At each position the character will be FILL if all candidates have
FILL in that position, BLANK if they all have BLANK or UNKNOWN
if there is a mixture.
"""
return [UNKNOWN if len(x) > 1 \
else x.pop() \
for x in [set(y) for y in transpose(candidates)]]
def matches(candidate, pattern):
"""Returns True if the candidate matches the pattern, False otherwise."""

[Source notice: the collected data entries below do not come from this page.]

-- ===== src/Outbox/Order/Sound.antt =====
-- In-place updates and the mark of a publication keep the system sound.
use mathlib.Core.List.{Memᴰ}
use kafkaman.Base.{
  ℕ, ◌+◌, ◌<◌, ◌≡◌, subst, true, false, List, [], ◌∷◌, inr, arith, Option, none, some, All,
  if◌then◌else◌,
}
use kafkaman.Base.Table.{find_where, find_where-mem, update_where-mem}
use kafkaman.Outbox.{OutboxRow, same_entity}
use kafkaman.Outbox.Mark.{holds_claim, to_published, mark_published}
use kafkaman.Outbox.Order.{IsActive, IsOrdered}
use kafkaman.Outbox.Order.Image.{KeepsIdentity, Descends, Descends-image}
use kafkaman.Outbox.Order.Marks.{holds_claim-publishing, mark_published-IsOrdered}
use kafkaman.Outbox.Order.System.{System, logged, IsBehind, IsSound}

module _ {Json : Type 0} where
  pub IsBehind-Descends :
      (log : List (OutboxRow Json)) (r' r : OutboxRow Json)
      → r'.entity_key ≡ r.entity_key
      → r'.enqueue_order ≡ r.enqueue_order
      → IsBehind log r
      → IsBehind log r'
  IsBehind-Descends [] r' r k o h = tt
  IsBehind-Descends (x ∷ log) r' r k o h =
      (λ e. ground (arith, h.0), IsBehind-Descends log r' r k o h.1)

  pub IsBehind-below :
      (log : List (OutboxRow Json)) (top : ℕ) (r : OutboxRow Json)
      → r.enqueue_order ≡ top
      → All (λ older. older.enqueue_order < top) log
      → IsBehind log r
  IsBehind-below [] top r e h = tt
  IsBehind-below (x ∷ log) top r e h = (λ _. ground arith, IsBehind-below log top r e h.1)

  pub log-weaken :
      (log : List (OutboxRow Json)) (top : ℕ)
      → All (λ older. older.enqueue_order < top) log
      → All (λ older. older.enqueue_order < top + 1) log
  log-weaken [] top h = tt
  log-weaken (x ∷ log) top h = (omega arith, log-weaken log top h.1)

-- A statement that updates rows in place, and logs nothing.
module _ {Json : Type 0} {s : System Json} (h : IsSound s) {rows' : List (OutboxRow Json)} where
  pub IsSound-update :
      IsOrdered rows'
      → ((r : OutboxRow Json) → Memᴰ r rows' → r.enqueue_order < s.next_order)
      → ((r : OutboxRow Json) → Memᴰ r rows' → IsActive r → Descends s.rows r)
      → IsSound (record s { rows = rows' })
  IsSound-update ordered below active = record {
    ordered = ordered;
    below = below;
    log_below = h.log_below;
    behind = λ r m a.
        let (old, mo, ao, k, o) = active r m a in
        IsBehind-Descends s.log r old k o (h.behind old mo ao);
    ascending = h.ascending;
  }

  pub IsSound-image :
      (u : OutboxRow Json → OutboxRow Json)
      → KeepsIdentity u
      → ((r' : OutboxRow Json) → Memᴰ r' rows' → (r : OutboxRow Json) × Memᴰ r s.rows × (r' ≡ u r))
      → ((r : OutboxRow Json) → Memᴰ r s.rows → IsActive (u r) → IsActive r)
      → IsOrdered rows'
      → IsSound (record s { rows = rows' })
  IsSound-image u k from active ordered =
      IsSound-update ordered
        (λ r m. let (old, mo, q) = from r m in ground (arith, h.below old mo, k.ordinal old))
        (Descends-image u k from active)

-- The mark of a publication: what held the claim is behind nothing that is still to be published.
module _ {Json : Type 0} {s : System Json} (h : IsSound s) (now m c : ℕ) where
  published_row : OutboxRow Json → OutboxRow Json
  published_row r = if holds_claim m c r then to_published now r else r

  abbrev after_mark : List (OutboxRow Json)
  after_mark = (mark_published now m c s.rows).0

  published_row-KeepsIdentity : KeepsIdentity published_row
  unfolding published_row to_published
  published_row-KeepsIdentity = record {
    id = λ r. ground arith;
    ordinal = λ r. ground arith;
    entity = λ r. ground arith;
  }

  after_mark-mem :
      (r' : OutboxRow Json)
      → Memᴰ r' after_mark
      → (r : OutboxRow Json) × Memᴰ r s.rows × (r' ≡ published_row r)
  unfolding mark_published published_row
  after_mark-mem r' k = update_where-mem (holds_claim m c) (to_published now) s.rows k

  published_row-IsActive :
      (r : OutboxRow Json) → IsActive (published_row r) → IsActive r × (holds_claim m c r ≡ false)
  unfolding published_row to_published
  published_row-IsActive r a = ground arith

  marked : IsSound (record s { rows = after_mark })
  marked =
      IsSound-image h published_row published_row-KeepsIdentity after_mark-mem
        (λ r k a. (published_row-IsActive r a).0) (mark_published-IsOrdered now m c h.ordered)

  -- The row that is logged was in flight, so that it is older than all that stay active.
  held_first :
      (held : OutboxRow Json)
      → Memᴰ held s.rows
      → holds_claim m c held ≡ true
      → (r' : OutboxRow Json) → Memᴰ r' after_mark
      → IsActive r'
      → same_entity held r' ≡ true
      → held.enqueue_order < r'.enqueue_order
  held_first held mh hh r' k a e =
      let (r, mr, q) = after_mark-mem r' k in
      let (active, free) = published_row-IsActive r (subst IsActive q a) in
      ground (
        arith,
        holds_claim-publishing m c held hh,
        published_row-KeepsIdentity.entity r,
        published_row-KeepsIdentity.ordinal r,
        h.ordered.one_in_flight held r mh mr,
        h.ordered.in_flight_first held r mh mr,
      )

  pub published-IsSound :
      (found : Option (OutboxRow Json))
      → find_where (holds_claim m c) s.rows ≡ found
      → IsSound (record s { rows = after_mark; log = logged found s.log })
  published-IsSound none e = marked
  published-IsSound (some held) e =
      let (mh, hh) = find_where-mem (holds_claim m c) s.rows e in
      let state = holds_claim-publishing m c held hh in
      record {
        ordered = marked.ordered;
        below = marked.below;
        log_below = (h.below held mh, h.log_below);
        behind = λ r k a. (held_first held mh hh r k a, marked.behind r k a);
        ascending = (h.behind held mh (inr state.0), h.ascending);
      }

assert(len(candidate) == len(pattern))
for i in range(len(pattern)):
if pattern[i] <> UNKNOWN and pattern[i] <> candidate[i]:
return False
return True
def print_grid(g):
"""Print out the grid (an array of arrays of characters)."""
for row in g:
print ''.join(row)
def transpose(g):
"""Returns the transposed version of the supplied matrix
(i.e. rows become columns and columns become rows).
"""
assert(g)
return map(lambda *row: list(row), *g)
def is_solved(candidate):
"""Returns True if the supplied candidate is a complete solution
(contains no UNKNOWN entries), False otherwise.
"""
return reduce(lambda x, y: x and not UNKNOWN in y, candidate, True)

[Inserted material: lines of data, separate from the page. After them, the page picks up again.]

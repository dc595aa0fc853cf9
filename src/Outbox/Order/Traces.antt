-- ===== src/Outbox/Order/Traces.antt =====
-- Every step keeps the system sound: the order of publications under any interleaving.
use kafkaman.Base.{ℕ, ◌+◌, ◌≡◌, ◌∙◌, refl, inl, inr, arith, String, Option, if◌then◌else◌}
use kafkaman.Base.Table.{update_where-mem}
use kafkaman.Outbox.Enqueue.{Session, Envelope, MessageDescriptor, enqueue_inner}
use kafkaman.Outbox.Claim.{stale_behind, to_superseded, collapse_stale_pending_rows}
use kafkaman.Outbox.Mark.{holds_claim, to_retry, mark_publish_failed}
use kafkaman.Outbox.Order.{IsOrdered}
use kafkaman.Outbox.Order.Marks.{holds_claim-publishing, mark_publish_failed-IsOrdered}
use kafkaman.Outbox.Order.Candidates.{stale_behind-IsOrdered}
use kafkaman.Outbox.Order.Claims.{
  claimed_row, claimed_row-KeepsIdentity, claim_rows-mem, claimed_row-IsActive,
  claim_rows-IsOrdered,
}
use kafkaman.Outbox.Order.Inserts.{IsBelow, enqueue_inner-IsOrdered}
use kafkaman.Outbox.Order.Deletes.{delete-IsOrdered, purge-mem}
use kafkaman.Outbox.Order.Origins.{enqueue-Descends}
use kafkaman.Outbox.Order.System.{
  System, Step, enqueue, collapse, claim, publish, fail, purge, Reach, here, next, start,
  IsAscending, IsSound,
}
use kafkaman.Outbox.Order.Sound.{
  IsBehind-Descends, IsBehind-below, log-weaken, IsSound-update, IsSound-image, published-IsSound,
}

module _ {Json : Type 0} where
  enqueue-IsSound :
      {s : System Json}
      → IsSound s
      → (session : Session Json) (message_type : String) (d : Option MessageDescriptor)
        (evt : Envelope Json)
      → session.next_order ≡ s.next_order
      → IsSound (record s {
        rows = (enqueue_inner session message_type d evt s.rows).0;
        next_order = s.next_order + 1;
      })
  enqueue-IsSound {s} h session message_type d evt e =
      let below : IsBelow session.next_order s.rows = λ r m. ground (arith, h.below r m) in
      let kept = enqueue_inner-IsOrdered session message_type d evt h.ordered below in
      record {
        ordered = kept.0;
        below = λ r m. ground (arith, kept.1 r m);
        log_below = log-weaken s.log s.next_order h.log_below;
        behind = λ r m a. elim (enqueue-Descends session message_type d evt s.rows r m a) [
          | inl (old, mo, ao, k, o) ↦ IsBehind-Descends s.log r old k o (h.behind old mo ao)
          | inr new ↦ IsBehind-below s.log s.next_order r (new ∙ e) h.log_below
        ];
        ascending = h.ascending;
      }

  collapse-IsSound :
      {s : System Json}
      → IsSound s
      → (now limit : ℕ) → IsSound (record s { rows = collapse_stale_pending_rows now limit s.rows })
  unfolding collapse_stale_pending_rows
  collapse-IsSound {s} h now limit =
      IsSound-image h (λ r. if stale_behind _ r then to_superseded r else r)
        (record { id = λ r. ground arith; ordinal = λ r. ground arith; entity = λ r. ground arith })
        (λ r' m. update_where-mem (stale_behind _) to_superseded s.rows m) (λ r m a. ground arith)
        (stale_behind-IsOrdered h.ordered _)

  fail-IsSound :
      {s : System Json}
      → IsSound s
      → (now m c : ℕ) (error : String) (retry_after : ℕ)
      → IsSound (record s { rows = (mark_publish_failed now m c error retry_after s.rows).0 })
  unfolding mark_publish_failed
  fail-IsSound {s} h now m c error retry_after =
      IsSound-image h (λ r. if holds_claim m c r then to_retry now error retry_after r else r)
        (record { id = λ r. ground arith; ordinal = λ r. ground arith; entity = λ r. ground arith })
        (λ r' k. update_where-mem (holds_claim m c) (to_retry now error retry_after) s.rows k)
        (λ r k a. ground (arith, holds_claim-publishing m c r))
        (mark_publish_failed-IsOrdered now m c h.ordered error retry_after)

  -- Every statement of every session keeps the outbox and its log sound.
  pub Step-IsSound : {s t : System Json} → Step s t → IsSound s → IsSound t
  Step-IsSound (enqueue s session message_type d evt e) h =
      enqueue-IsSound h session message_type d evt e
  Step-IsSound (collapse s now limit) h = collapse-IsSound h now limit
  Step-IsSound (claim s now limit locked lease_for claim_id worker_id) h =
      let i = h.ordered in
      IsSound-image h (claimed_row now limit locked lease_for claim_id worker_id i)
        (claimed_row-KeepsIdentity now limit locked lease_for claim_id worker_id i)
        (claim_rows-mem now limit locked lease_for claim_id worker_id i)
        (claimed_row-IsActive now limit locked lease_for claim_id worker_id i)
        (claim_rows-IsOrdered now limit locked lease_for claim_id worker_id i)
  Step-IsSound (publish s now m c) h = published-IsSound h now m c _ refl
  Step-IsSound (fail s now m c error retry_after) h = fail-IsSound h now m c error retry_after
  Step-IsSound (purge s now cfg locked e) h =
      let old = purge-mem now cfg locked e in
      IsSound-update h (delete-IsOrdered h.ordered old) (λ r m. h.below r (old r m))
        (λ r m a. (r, old r m, a, refl, refl))

  start-IsSound : IsSound (start {Json = Json})
  start-IsSound = record {
    ordered = record {
      one_row = λ r s m k. elim m [ ];
      one_ordinal = λ r s m k. elim m [ ];
      one_in_flight = λ r s m k. elim m [ ];
      in_flight_first = λ r s m k. elim m [ ];
      published_first = λ r s m k. elim m [ ];
    };
    below = λ r m. elim m [ ];
    log_below = tt;
    behind = λ r m. elim m [ ];
    ascending = tt;
  }

  pub Reach-IsSound : {s t : System Json} → Reach s t → IsSound s → IsSound t
  Reach-IsSound here h = h
  Reach-IsSound (next r step) h = Step-IsSound step (Reach-IsSound r h)

  -- From an empty outbox, under any interleaving of enqueues, claims, marks and purges by any number
  -- of sessions: the rows of one entity are marked published in strictly ascending enqueue order.
  pub publication_order : {t : System Json} → Reach start t → IsAscending t.log
  publication_order r = (Reach-IsSound r start-IsSound).ascending

  -- In every reachable state at most one row of an entity is in flight, and what is published of an
  -- entity is older than all that is still pending or in flight.
  pub reachable-IsOrdered : {t : System Json} → Reach start t → IsOrdered t.rows
  reachable-IsOrdered r = (Reach-IsSound r start-IsSound).ordered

def update_solution(grid, row, pattern):
"""Update the specified row of the grid from the pattern, overwriting
any non-UNKNOWN values from the pattern.
"""
for p in range(len(pattern)):
if pattern[p] <> UNKNOWN:
grid[row][p] = pattern[p]
def main():
# Initially fill the solution with a grid of UNKNOWNs
solution = [[UNKNOWN for x in range(column_count)] \
for y in range(row_count)]
# Generate all possible fits for the rows and columns
fits_r = [fit(row, COLUMN_COUNT) for row in ROWS]
fits_c = [fit(col, ROW_COUNT) for col in COLUMNS]
fits = [fits_r, fits_c]
row_col = 0 # current index into fits; 0 = row, 1 = column
while not is_solved(solution):
assert(row_col == 0 or row_col == 1)
# Filter out any impossible fits given the solution so far
for ri in range(len(fits[row_col])):
fits[row_col][ri] = filter(lambda x: matches(x, solution[ri]),\
fits[row_col][ri])
this_solution = solve_row(fits[row_col][ri])
update_solution(solution, ri, this_solution)
row_col = abs(row_col - 1) # toggle 0, 1
solution = transpose(solution)
if row_col == 0:
transpose(solution)
print_grid(solution)Output
## ##
##################
# #
# ### # # ### #
# ### ## ## ### #
# ## ##### ### #
# ## ##### # # #
# ### # # # # # #
# ### # # ### #
# ## # # ### #
## ## # # # #### ##
## ### # # # ##############
## ## # ######## #
##### ##### # #
#### #### # ## # # #
###### # ## # # #
#### # # # # #
## # # # # #
## # ## # # #
## # ## # # #
## # # # # #
## # # # # #
## # # ### #
## # # ### #
## ## ##
## ## ##
## ## ##
#### ### ###
########## ########
############## ########
############## ######
####
##
##
##
Conclusion
The algorithm, which generates every possible fit, is slower than some of the alternative ways of tackling this type of puzzle. In particular, it probably doesn't scale very well. However, it does work in a few minutes for the standard size of puzzle, and the code is reasonably concise.